31 July 2005 By Barry O'Kelly

"They have already gone away, you know," an IRA veteran
said sourly last week, ahead of the formal declaration
instructing all volunteers to hand up their arms.

The man's ironic twist on the famous remark by Sinn Féin
President Gerry Adams some years ago - "they haven't gone
away, you know'' - reflects the unease felt by some
republicans about the behind-the-scenes moves leading up to
last week's historic announcement that the IRA was to end
its armed campaign and dump its weaponry.

The IRA's estimated 600 volunteers, minus a handful of
exceptions, are expected to abide by last Thursday's
instruction, an extraordinary achievement, owing as much to
clever internal manoeuvring as it does to the persuasive
powers of Adams and the electoral gains of Sinn Féin.

The manoeuvres have been slow, almost imperceptible at
times. But the IRA which declared an end to armed struggle
was a very different organisation to the one which last
called a ceasefire nine years ago.

The membership, as of 4pm last Thursday, included at least
100 people recruited after the 1997 ceasefire.
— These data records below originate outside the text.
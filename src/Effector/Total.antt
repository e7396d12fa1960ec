-- ===== src/Effector/Total.antt =====
-- When `dispatch_wave` of epiphany_executor/effector.py reaches the barrier.
use epiphany_executor.Prelude.{
  ◌+◌, String, true, false, ◌≡◌, refl, ◌∙◌, ap, inl, inr, none, List, [], ◌∷◌, ◌++◌, ok, >>=-eq-ok,
  Dict, insert, keys, elem, ◌==◌, eq_iff, eq_refl, arith, Bool-cases,
}
use epiphany_executor.Contract.{Contract}
use epiphany_executor.Scheduler.Cohort.Total.{IsKnown-key}
use epiphany_executor.Scheduler.Waves.{Wave, all_steps}
use epiphany_executor.Effector.{
  WaveResult, Runtime, Progress, attempt, run_one, run_all, dispatch_wave,
}
use epiphany_executor.Effector.Staged.{no_twice}

module _ {W : Type 0} (runtime : Runtime W) (contracts : Dict Contract) (path : String → String)
    (named : (s : String) (w : W) → (runtime.create s w).0 ≡ path s)
    (apart : (s t : String) → path s ≡ path t → s ≡ t) where
  run_one_total :
      (sid : String) (p : Progress runtime contracts)
      → elem sid (keys contracts) ≡ true
      → elem (path sid) p.seen_paths ≡ false
      → (q : Progress runtime contracts) × (run_one runtime contracts sid p ≡ ok q)
        × (q.seen_paths ≡ path sid ∷ p.seen_paths)
  unfolding run_one
  run_one_total sid p m unseen =
      let (c, e) = IsKnown-key (λ s. none) contracts sid m in
      let new : elem (runtime.create sid p.manager).0 p.seen_paths ≡ false =
        ap (λ x. elem x p.seen_paths) (named sid p.manager) ∙ unseen in
      let made = runtime.create sid p.manager in
      (
        record {
          started = p.started + 1;
          manager = made.1;
          seen_paths = made.0 ∷ p.seen_paths;
          done = insert sid (attempt runtime contracts p.started sid c made.0) p.done;
        },
        rw (e, new) refl,
        ap (λ x. x ∷ p.seen_paths) (named sid p.manager),
      )

  run_all_total :
      (sids : List String) (p : Progress runtime contracts)
      → no_twice sids ≡ true
      → ((s : String) → elem s sids ≡ true → elem s (keys contracts) ≡ true)
      → ((s : String) → elem s sids ≡ true → elem (path s) p.seen_paths ≡ false)
      → (q : Progress runtime contracts) × (run_all runtime contracts sids p ≡ ok q)
  unfolding run_all
  run_all_total [] p once known unseen = (p, refl)
  run_all_total (sid ∷ sids) p once known unseen =
      let first : elem sid (sid ∷ sids) ≡ true = ground (arith, eq_refl sid) in
      let (next, e, seen) = run_one_total sid p (known sid first) (unseen sid first) in
      let (q, f) =
        run_all_total sids next (ground arith) (λ s m. known s (ground arith))
          (λ s m. rw seen (elim (Bool-cases (path sid == path s)) [
            | inl same ↦
                let t = apart sid s ((eq_iff (path sid) (path s)).0 same) in
                let not_again : elem sid sids ≡ false = ground arith in
                cc (ap (λ x. elem x sids) t, m, not_again)
            | inr other ↦ rw other (unseen s (ground arith))
          ])) in
      (q, rw e f)

  run_all-append :
      (xs ys : List String) (p q : Progress runtime contracts)
      → run_all runtime contracts (xs ++ ys) p ≡ ok q
      → (mid : Progress runtime contracts) × (run_all runtime contracts xs p ≡ ok mid)
        × (run_all runtime contracts ys mid ≡ ok q)
  unfolding run_all
  run_all-append [] ys p q h = (p, refl, h)
  run_all-append (x ∷ xs) ys p q h =
      let (next, e, rest) = >>=-eq-ok (run_one runtime contracts x p) _ h in
      let (mid, f, last) = run_all-append xs ys next q rest in (mid, rw e f, last)

-- A wave of distinct steps that all have contracts is dispatched to the barrier, whatever the
-- injected functions answer or raise, when the worktree manager gives each step a path of its own.
pub dispatch_wave_total :
    {W : Type 0} (runtime : Runtime W) (contracts : Dict Contract) (path : String → String)
    (wave : Wave) (manager : W)
    → ((s : String) (w : W) → (runtime.create s w).0 ≡ path s)
    → ((s t : String) → path s ≡ path t → s ≡ t)
    → no_twice (all_steps wave) ≡ true
    → ((s : String) → elem s (all_steps wave) ≡ true → elem s (keys contracts) ≡ true)
    → (o : WaveResult × W) × (dispatch_wave runtime contracts wave manager ≡ ok o)
unfolding dispatch_wave
dispatch_wave_total runtime contracts path wave manager named apart once known =
    let start : Progress runtime contracts = record {
      started = 0;
      manager = manager;
      seen_paths = [];
      done = [];
    } in
    let (q, e) =
      run_all_total runtime contracts path named apart (all_steps wave) start once known
        (λ s m. refl) in
    let (mid, first, second) =
      run_all-append runtime contracts path named apart wave.parallel wave.serial start q e in
    ((record { index = wave.index; results = q.done }, q.manager), rw (first, second) refl)
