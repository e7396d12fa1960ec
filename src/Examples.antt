-- ===== src/Examples.antt =====
-- Concrete plans, contracts and ledgers, tests of the definitions on them, and the theorems applied
-- to them. It models no code of its own.
mod Data
mod Schedule
mod Lifecycle
mod Review
mod Verdicts
mod Gates
mod Effects
mod Contexts
mod Reports
mod Arms
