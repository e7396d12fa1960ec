-- ===== src/Examples/Data.antt =====
-- The contracts and the plan that the examples share.
use epiphany_executor.Prelude.{String, true, false, Option, none, some, List, [], ◌∷◌, Dict}
use epiphany_executor.Value.{Value, str, end}
use epiphany_executor.Contract.{Contract, Dependency}

abbrev pub no_path : String → Option String
no_path s = none

abbrev pub on_step : String → Dependency
on_step s = record {
  on = str s;
  kind = str "ordering";
  edge_class = str "ordering";
  from_typed = false;
}

-- a step with its dependencies, its outputs and its acceptance criteria
abbrev pub step : String → List Dependency → List Value → List Value → Contract
step sid deps outputs criteria = record {
  step_id = str sid;
  goal = str "";
  actions = [];
  inputs = [];
  dependencies = deps;
  lifecycle = record { state = "UNSTARTED"; history = [] };
  dod = some (record {
    acceptance_criteria = criteria;
    integration_checks = [];
    outputs = outputs;
    verifiable = true;
  });
  effect = some (record {
    effect_class = "unclassified";
    footprint = some (record { declared_outputs = outputs; conflicts_with_all = false });
  });
  traces = [];
  extra = end;
}

abbrev pub step_a : Contract
step_a = step "a" [] (str "x.py" ∷ []) (str "pytest passes" ∷ [])

abbrev pub step_b : Contract
step_b = step "b" [] (str "y.py" ∷ []) (str "code is readable" ∷ [])

abbrev pub step_c : Contract
step_c = step "c" (on_step "a" ∷ []) (str "https://host" ∷ []) (str "file exists" ∷ [])

abbrev pub plan : Dict Contract
plan = ("a", step_a) ∷ ("b", step_b) ∷ ("c", step_c) ∷ []
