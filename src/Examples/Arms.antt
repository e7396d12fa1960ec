-- ===== src/Examples/Arms.antt =====
-- Examples of the benchmark's runs.
use epiphany_executor.Prelude.{
  ◌≡◌, refl, String, true, ◌+◌, none, List, [], ◌∷◌, Result, ok, err, Dict, elem, keep, length,
  if◌then◌else◌,
}
use epiphany_executor.Value.{str, arr, obj, cons, nil, Fields, field, end}
use epiphany_executor.Contract.{Contract}
use epiphany_executor.Ledger.{LedgerEntry, list_ledger}
use epiphany_executor.Lifecycle.{in_flight, verified, accepted}
use epiphany_executor.Lifecycle.Store.{record_cursor, fold, accepted_steps}
use epiphany_executor.Lifecycle.Store.Resume.{is_accepted}
use epiphany_executor.Lifecycle.Store.Abstract.{CursorMap, Represents}
use epiphany_executor.Benchmark.{ArmMetrics, CleanRun, cursor, clean_steps, contracts_of}
use epiphany_executor.Benchmark.Clean.{has_criteria, clean_steps-accepted}
use epiphany_executor.Examples.Data.{plan}

abbrev no_cursors : CursorMap
no_cursors sid = none

abbrev one_step : List String
one_step = "a" ∷ []

abbrev start : CleanRun (List LedgerEntry)
start = record { ledger = []; verify_passes = 0; verify_total = 0; accepted = 0 }

abbrev after_a : CleanRun (List LedgerEntry)
after_a = record {
  ledger =
      record_cursor list_ledger
        (record_cursor list_ledger (record_cursor list_ledger [] (cursor "a" in_flight))
          (cursor "a" verified))
        (cursor "a" accepted);
  verify_passes = 1;
  verify_total = 1;
  accepted = 1;
}

empty-Represents : Represents list_ledger [] no_cursors
unfolding fold
empty-Represents = ([], refl, λ sid. refl)

clean_steps-a : clean_steps list_ledger plan 3 ("a" ∷ []) start ≡ ok after_a
unfolding clean_steps
clean_steps-a = refl

clean_steps-accepted_example :
    (after_a.accepted ≡ start.accepted + length (keep (has_criteria plan) ("a" ∷ [])))
    × (after_a.verify_total ≡ start.verify_total + length one_step)
    × (ids : List String) × (accepted_steps list_ledger after_a.ledger ≡ ok ids)
    × ((s : String)
        → elem s ids
          ≡ (if elem s ("a" ∷ []) then has_criteria plan s else is_accepted (no_cursors s)))
clean_steps-accepted_example =
    clean_steps-accepted list_ledger plan 3 ("a" ∷ []) start after_a no_cursors empty-Represents
      clean_steps-a

abbrev raw_step : Fields
raw_step = field "step_id" (str "s1") (
    field "outputs" (arr (cons (str "src/s1.py") nil)) (
      field "acceptance_criteria" (arr (cons (str "pytest exits 0") nil))
        (field "traces_to" (arr (cons (str "REQ-1") nil)) end)))

abbrev raw_plan : Fields
raw_plan = field "plan_id" (str "p") (field "steps" (arr (cons (obj raw_step) nil)) end)

abbrev empty_ledger : String → List LedgerEntry
empty_ledger file = []

abbrev metrics : ArmMetrics
metrics = record {
  arm = "executor-wave";
  plan_id = str "p";
  verified_step_rate = (1, 1);
  verify_pass_rate = (1, 1);
  back_update_correct = true;
  end_to_end_success = true;
  recovery_ok = true;
  coverage_closed = true;
  n_barriers = 1;
}

abbrev returned : Result (Dict Contract) → Dict Contract
returned (err e) = []
returned (ok contracts) = contracts

abbrev contracts : Dict Contract
contracts = returned (contracts_of raw_plan)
Their sole
purpose, claim those marginalised in the process, was to
shore up support for Adams's political project.

In Dublin, for instance, between 12 and 15 new volunteers
were recruited last year alone, informed republican sources
told The Sunday Business Post. One of the leading figures
in the movement in the city was a man who never saw active
service, the sources said. New recruits were also taken on
in Louth, South Armagh and Belfast, while those perceived
to be unsupportive were effectively sidelined.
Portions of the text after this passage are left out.